[Given data]

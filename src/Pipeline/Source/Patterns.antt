-- ===== src/Pipeline/Source/Patterns.antt =====
-- Which lists of names a source of ceilometer/pipeline.py accepts, and which names it supports.
use Prim.Native.Char.{code}
use stx_ceilometer.Prelude.{
  ℕ, String, ◌≡◌, refl, Bool, true, false, not, ◌&&◌, ◌↔◌, some, List, [], ◌∷◌, arith, any,
  is_empty, contains, index_error, ok, raise, if◌then◌else◌, string_eq,
}
use stx_ceilometer.Pipeline.Source.{
  rest, is_bang, is_plain, some_first, check_patterns, check_source_filtering, any_result,
  starts_bang, denies, allows,
}

abbrev pub is_blank : String → Bool
is_blank String.[] = true
is_blank (String.◌∷◌ c s) = false

abbrev pub starts_plain : String → Bool
starts_plain String.[] = false
starts_plain (String.◌∷◌ c s) = is_plain (code c)

abbrev first_is : (ℕ → Bool) → String → Bool
first_is test String.[] = false
first_is test (String.◌∷◌ c s) = test (code c)

some_first_lem :
    (test : ℕ → Bool) (xs : List String)
    → some_first test xs
      ≡ (if any is_blank xs then raise index_error else ok (any (first_is test) xs))
unfolding some_first
some_first_lem test [] = refl
some_first_lem test (String.[] ∷ xs) = refl
some_first_lem test (String.◌∷◌ c s ∷ xs) = ground (arith, some_first_lem test xs)

-- A list of names that `check_source_filtering` lets pass.
pub record IsAccepted (names : List String) : Type 0 where
  pub nonempty : is_empty names ≡ false
  pub no_blank : any is_blank names ≡ false
  pub not_mixed : (any starts_plain names && any starts_bang names) ≡ false
  pub not_overlaid : (contains names "*" && any starts_plain names) ≡ false

any-first_is-bang : (xs : List String) → any (first_is is_bang) xs ≡ any starts_bang xs
any-first_is-bang [] = refl
any-first_is-bang (String.[] ∷ xs) = any-first_is-bang xs
any-first_is-bang (String.◌∷◌ c s ∷ xs) = ground (arith, any-first_is-bang xs)

any-first_is-plain : (xs : List String) → any (first_is is_plain) xs ≡ any starts_plain xs
any-first_is-plain [] = refl
any-first_is-plain (String.[] ∷ xs) = any-first_is-plain xs
any-first_is-plain (String.◌∷◌ c s ∷ xs) = ground (arith, any-first_is-plain xs)

-- The checks, as one condition on the list.
check_patterns_iff :
    (xs : List String)
    → (check_patterns xs ≡ ok tt) ↔ (
        (any is_blank xs ≡ false)
        × ((any starts_plain xs && any starts_bang xs) ≡ false)
        × ((contains xs "*" && any starts_plain xs) ≡ false))
unfolding check_patterns
check_patterns_iff xs =
    simp (some_first_lem, any-first_is-bang, any-first_is-plain)
      (let p = any starts_plain xs in
        let b = any starts_bang xs in
        let c = contains xs "*" in let e = any is_blank xs in ground arith)

-- The check passes exactly the lists that are not empty, hold no empty string, do not name both
-- included and excluded meters, and do not name included meters beside the wildcard.
pub check_source_filtering_iff :
    (names : List String) → (check_source_filtering (some names) ≡ ok tt) ↔ IsAccepted names
unfolding check_source_filtering
check_source_filtering_iff [] = ground arith
check_source_filtering_iff (x ∷ xs) = ground (arith, check_patterns_iff (x ∷ xs))

-- Without an empty string the two generators of `is_supported` raise nothing.
pub any_result-denies :
    (fnmatch : String → String → Bool) (name : String) (xs : List String)
    → any is_blank xs ≡ false
    → any_result (denies fnmatch name) xs
      ≡ ok (any (λ x. starts_bang x && fnmatch name (rest x)) xs)
unfolding any_result denies
any_result-denies fnmatch name [] h = refl
any_result-denies fnmatch name (String.[] ∷ xs) h = cc
any_result-denies fnmatch name (String.◌∷◌ c s ∷ xs) h =
    ground (arith, any_result-denies fnmatch name xs)

pub any_result-allows :
    (fnmatch : String → String → Bool) (name : String) (xs : List String)
    → any is_blank xs ≡ false
    → any_result (allows fnmatch name) xs ≡ ok (any (λ x. not (starts_bang x) && fnmatch name x) xs)
unfolding any_result allows
any_result-allows fnmatch name [] h = refl
any_result-allows fnmatch name (String.[] ∷ xs) h = cc
any_result-allows fnmatch name (String.◌∷◌ c s ∷ xs) h =
    ground (arith, any_result-allows fnmatch name xs)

[/Given data]

What you need to do: Lines from the one with "-- The check passes" through the end of the data: set these down exactly, including both ends and nothing more.

Expected answer:
-- The check passes exactly the lists that are not empty, hold no empty string, do not name both
-- included and excluded meters, and do not name included meters beside the wildcard.
pub check_source_filtering_iff :
    (names : List String) → (check_source_filtering (some names) ≡ ok tt) ↔ IsAccepted names
unfolding check_source_filtering
check_source_filtering_iff [] = ground arith
check_source_filtering_iff (x ∷ xs) = ground (arith, check_patterns_iff (x ∷ xs))

-- Without an empty string the two generators of `is_supported` raise nothing.
pub any_result-denies :
    (fnmatch : String → String → Bool) (name : String) (xs : List String)
    → any is_blank xs ≡ false
    → any_result (denies fnmatch name) xs
      ≡ ok (any (λ x. starts_bang x && fnmatch name (rest x)) xs)
unfolding any_result denies
any_result-denies fnmatch name [] h = refl
any_result-denies fnmatch name (String.[] ∷ xs) h = cc
any_result-denies fnmatch name (String.◌∷◌ c s ∷ xs) h =
    ground (arith, any_result-denies fnmatch name xs)

pub any_result-allows :
    (fnmatch : String → String → Bool) (name : String) (xs : List String)
    → any is_blank xs ≡ false
    → any_result (allows fnmatch name) xs ≡ ok (any (λ x. not (starts_bang x) && fnmatch name x) xs)
unfolding any_result allows
any_result-allows fnmatch name [] h = refl
any_result-allows fnmatch name (String.[] ∷ xs) h = cc
any_result-allows fnmatch name (String.◌∷◌ c s ∷ xs) h =
    ground (arith, any_result-allows fnmatch name xs)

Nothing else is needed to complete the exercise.